18. A method for treating a human body, wherein the microcapsule
manufactured by the method according to claim 9 is injected into
parts of a human body by an injector, a catheter or an
operation.
19. A method for preparing an emulsion comprising the steps of:
allowing a continuous phase material to flow through a
microchannel; allowing a polyelectrolyte solution as a disperse
phase to flow through another microchannel, the microchannels being
joined with each other to allow the continuous phase and the
disperse phase to join in a state of a laminar flow; and thereafter
reducing the flow rate of the continuous phase and the disperse
phase in a dramatic way so as to prepare an emulsion which contains
the polyelectrolyte solution as a disperse phase having a uniform
diameter.
20. A manufacturing method for microcapsules comprising the steps
of: preparing an emulsion which contains a polyelectrolyte solution
as a disperse phase having a uniform diameter and a continuous
phase; demulsifying the emulsion; and contacting the
polyelectrolyte solution as a disperse phase with a polyelectrolyte
solution having a reverse electric charge to the polyelectrolyte
solution as a disperse phase or a polyvalent ion solution at the
same time as the demulsifying step so as to form a gel layer made
of a polyelectrolyte complex around fine particles of the
polyelectrolyte solution as a disperse phase by a polyelectrolyte
reaction.
21. The manufacturing method for microcapsules according to claim
20, wherein the emulsion is prepared by separately feeding the
disperse phase and the continuous phase with a plate having
penetrating holes, and applying greater pressure to the disperse
phase than to the continuous phase so as to push the disperse phase
into the continuous phase as microspheres.

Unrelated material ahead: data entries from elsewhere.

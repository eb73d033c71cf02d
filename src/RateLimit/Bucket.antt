-- ===== src/RateLimit/Bucket.antt =====
-- The bucket never overflows, and over any time it lets through at most a burst and the rate.
use ciallo_ms_365_open_ai_pr.Prelude.{
  ℕ, ◌+◌, ◌-◌, ◌*◌, ◌≤◌, max, ◌≡◌, ◌≢◌, ap, Bool, true, false, List, [], ◌∷◌, if◌then◌else◌, arith,
  All,
}
use native.Mathlib.Nat.{le_refl, mul-le-mul_right}
use ciallo_ms_365_open_ai_pr.RateLimit.{
  TokenBucket, Verdict, allowed, refused, bucket, refill, spend, try_acquire,
}

abbrev pub is_allowed : Verdict → Bool
is_allowed allowed = true
is_allowed (refused d r) = false

module _ (unit : ℕ) where
  -- Calls at the given times; the number that was let through, and the bucket.
  unfoldable pub run : TokenBucket → List ℕ → ℕ × TokenBucket
  run b [] = (0, b)
  run b (now ∷ times) =
      let (verdict, b') = try_acquire unit now b in
      let (n, last) = run b' times in ((if is_allowed verdict then n + 1 else n), last)

  abbrev pub IsBounded : TokenBucket → Type 0
  IsBounded b = b.tokens ≤ b.capacity * unit

  refill_gain :
      (now : ℕ) (b : TokenBucket)
      → IsBounded b
      → IsBounded (refill unit now b)
        × ((refill unit now b).tokens
            ≤ b.tokens + ((refill unit now b).updated - b.updated) * b.rpm)
        × (b.updated ≤ (refill unit now b).updated)
        × ((refill unit now b).updated ≤ max b.updated now)
        × ((refill unit now b).rpm ≡ b.rpm)
  unfolding refill
  refill_gain now b h = ground arith

  -- One call pays for what it lets through.
  try_acquire_pays :
      (now : ℕ) (b : TokenBucket)
      → IsBounded b
      → b.rpm ≢ 0
      → IsBounded (try_acquire unit now b).1
        × ((if is_allowed (try_acquire unit now b).0 then unit else 0)
              + (try_acquire unit now b).1.tokens
            ≤ b.tokens + ((try_acquire unit now b).1.updated - b.updated) * b.rpm)
        × (b.updated ≤ (try_acquire unit now b).1.updated)
        × ((try_acquire unit now b).1.updated ≤ max b.updated now)
        × ((try_acquire unit now b).1.rpm ≡ b.rpm)
  unfolding try_acquire spend
  try_acquire_pays now b h on = ground (arith, refill_gain now b h)

  gap_split : (u v w r : ℕ) → u ≤ v → v ≤ w → (w - v) * r + (v - u) * r ≡ (w - u) * r
  gap_split u v w r h k =
      let e : w - v + (v - u) ≡ w - u = omega arith in omega (arith, ap (λ (t : ℕ). t * r) e)

  pays_step :
      (v : Bool) (n t t' t'' u u' u'' r : ℕ)
      → (if v then unit else 0) + t' ≤ t + (u' - u) * r
      → n * unit + t'' ≤ t' + (u'' - u') * r
      → u ≤ u'
      → u' ≤ u''
      → (if v then n + 1 else n) * unit + t'' ≤ t + (u'' - u) * r
  pays_step true n t t' t'' u u' u'' r h k le le' = omega (arith, gap_split u u' u'' r le le')
  pays_step false n t t' t'' u u' u'' r h k le le' = omega (arith, gap_split u u' u'' r le le')

  run_pays :
      (b : TokenBucket) (times : List ℕ)
      → IsBounded b
      → b.rpm ≢ 0
      → ((run b times).0 * unit + (run b times).1.tokens
          ≤ b.tokens + ((run b times).1.updated - b.updated) * b.rpm)
        × (b.updated ≤ (run b times).1.updated)
  unfolding run
  run_pays b [] h on = (omega arith, omega arith)
  run_pays b (now ∷ times) h on =
      let (bounded, pays, up, _, same) = try_acquire_pays now b h on in
      let b' = (try_acquire unit now b).1 in
      let (ih, up') = run_pays b' times bounded (rw same on) in
      let ih' = rw same at ih in
      let last = (run b' times).1 in
      (
        pays_step (is_allowed (try_acquire unit now b).0) (run b' times).0 b.tokens b'.tokens
            last.tokens b.updated b'.updated last.updated b.rpm pays ih' up up',
        omega arith,
      )

  run-updated-le :
      (b : TokenBucket) (times : List ℕ) (last : ℕ)
      → IsBounded b
      → b.rpm ≢ 0
      → b.updated ≤ last
      → All (λ t. t ≤ last) times
      → (run b times).1.updated ≤ last
  unfolding run
  run-updated-le b [] last h on le all = le
  run-updated-le b (now ∷ times) last h on le all =
      let (bounded, _, _, up, same) = try_acquire_pays now b h on in
      run-updated-le (try_acquire unit now b).1 times last bounded (rw same on) (omega arith) all.1

  -- A bucket made at `start` lets through, up to any later time `last`, at most its burst and
  -- `rpm` requests a minute, in whatever order and number the calls come.
  pub run_budget :
      (start rpm burst : ℕ) (times : List ℕ) (last : ℕ)
      → rpm ≢ 0
      → start ≤ last
      → All (λ t. t ≤ last) times
      → (run (bucket unit start rpm burst) times).0 * unit
        ≤ max 1 burst * unit + (last - start) * rpm
  unfolding bucket
  run_budget start rpm burst times last on le all =
      let b = bucket unit start rpm burst in
      let (pays, up) = run_pays b times (le_refl (max 1 burst * unit)) on in
      let below = run-updated-le b times last (le_refl (max 1 burst * unit)) on le all in
      let more : (run b times).1.updated - start ≤ last - start = omega arith in
      omega (arith, mul-le-mul_right rpm more)
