-- ===== src/RateLimit/Registry.antt =====
-- One bucket for each identity: what a call does to the others, and what a new limit does.
use ciallo_ms_365_open_ai_pr.Prelude.{ℕ, ◌≡◌, ◌≢◌, some, arith, ◌⊎◌}
use ciallo_ms_365_open_ai_pr.Prelude.Text.{Text, text_key, text_eq_iff}
use ciallo_ms_365_open_ai_pr.Dict.{get, get-put}
use ciallo_ms_365_open_ai_pr.RateLimit.{
  TokenBucket, Buckets, bucket, try_acquire, choose, acquire_for,
}

-- The limits that the entry of `identity` was made for, with its bucket.
abbrev pub Holds : Buckets → Text → ℕ → ℕ → TokenBucket → Type 0
Holds buckets identity rpm burst b = get identity buckets ≡ some (rpm, burst, b)

module _ (unit : ℕ) where
  -- A call under other limits than those of the entry spends from a new, full bucket.
  pub acquire_for_changed :
      (now : ℕ) (identity : Text) (rpm burst r n : ℕ) (b : TokenBucket) (buckets : Buckets)
      → rpm ≢ 0
      → Holds buckets identity r n b
      → (r ≢ rpm) ⊎ (n ≢ burst)
      → (acquire_for unit now identity rpm burst buckets).0
        ≡ (try_acquire unit now (bucket unit now rpm burst)).0
  unfolding acquire_for choose
  acquire_for_changed now identity rpm burst r n b buckets on h changed = ground (arith, h)

  -- No call touches the entry of another identity.
  pub acquire_for_other :
      (now : ℕ) (identity other : Text) (rpm burst : ℕ) (buckets : Buckets)
      → other ≢ identity
      → get other (acquire_for unit now identity rpm burst buckets).1 ≡ get other buckets
  unfolding acquire_for
  acquire_for_other now identity other rpm burst buckets ne = ground (
    arith,
    get-put identity other
        (rpm, burst, (try_acquire unit now (choose unit now (get identity buckets) rpm burst)).1)
        buckets,
    text_eq_iff identity other,
  )

  choose_same :
      (now rpm burst : ℕ) (b : TokenBucket) → choose unit now (some (rpm, burst, b)) rpm burst ≡ b
  unfolding choose
  choose_same now rpm burst b = ground arith

  -- The next call under the same limits goes on from the bucket that this call left.
  pub acquire_for_twice :
      (now later : ℕ) (identity : Text) (rpm burst : ℕ) (buckets : Buckets)
      → rpm ≢ 0
      → (acquire_for unit later identity rpm burst
          (acquire_for unit now identity rpm burst buckets).1).0
        ≡ (try_acquire unit later
            (try_acquire unit now (choose unit now (get identity buckets) rpm burst)).1).0
  unfolding acquire_for
  acquire_for_twice now later identity rpm burst buckets on = ground (
    arith,
    get-put identity identity
        (rpm, burst, (try_acquire unit now (choose unit now (get identity buckets) rpm burst)).1)
        buckets,
    text_eq_iff identity identity,
    choose_same later rpm burst
        (try_acquire unit now (choose unit now (get identity buckets) rpm burst)).1,
  )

22. The manufacturing method for microcapsules according to claim
20, wherein the emulsion is demulsified by adding the same material
as the continuous phase or a material which is soluble in the
continuous phase to the emulsion so as to reduce the concentration
of a surface-active agent in the emulsion.
23. The manufacturing method for microcapsules according to claim
20, wherein the emulsion does not contain a surface-active agent,
and the emulsion is demulsified by being contacted with the
polyelectrolyte solution having a reverse electric charge to the
polyelectrolyte solution as a disperse phase or the polyvalent ion
solution.
24. The manufacturing method for microcapsules according to claim
20, wherein the disperse phase is selected from a group consisting
of an alginic acid, carboxymethyl cellulose, pectin, carrageenan,
sulfate cellulose, and chondroitin sulfuric acid; the
polyelectrolyte to be reacted with the disperse phase is selected
from a group consisting of a polyamino acid, polymer containing a
primary amine group, a secondary amine group, a tertiary amine
group, or pyridinyl nitrogen, and aminated polysaccharide; and the
polyvalent ion of the polyvalent ion solution is selected from a
group consisting of Ca.sup.2+, Ba.sup.2+, Pb.sup.2+, Cu.sup.2+,
Cd.sup.2+, Sr.sup.2+, Co.sup.2+, Ni.sup.2+ and Mn.sup.2+.
25. The manufacturing method for microcapsules according to claim
20, wherein a cell which generates a desired material is added to
the polyelectrolyte solution as a disperse phase in advance of said
emulsion preparation step.
26. The manufacturing method for microcapsules according to claim
20, wherein the diameter of the disperse phase is within the range
of 50-300 .mu.m.
27. A method for treating a human body, wherein the microcapsule
manufactured by the method according to claim 20 is injected into
parts of a human body by an injector, a catheter or an operation.
Description
TECHNICAL FIELD
[0001] The present invention relates to a manufacturing method for
microcapsules which are used in a DDS (drug delivery system), a
food industry, or cosmetic manufacturing.
BACKGROUND ART
[0002] As a capsule to be transplanted into a body, there has been
known a microcapsule of 500-800 .mu.m in which one or two cell(s)
(islands of Langerhans) is encapsulated. (Document, "protein,
nucleic acid, enzyme Vol. 45, No. 13" 2000)
[0003] In this capsule, an outside hydrogel functions as a barrier
to an attack from an immune mechanism (rejection reaction), and
thereby the islands of Langerhans can secrete insulin for a long
period of time in the body.
[0004] The first proposal regarding such a capsule was made in U.S.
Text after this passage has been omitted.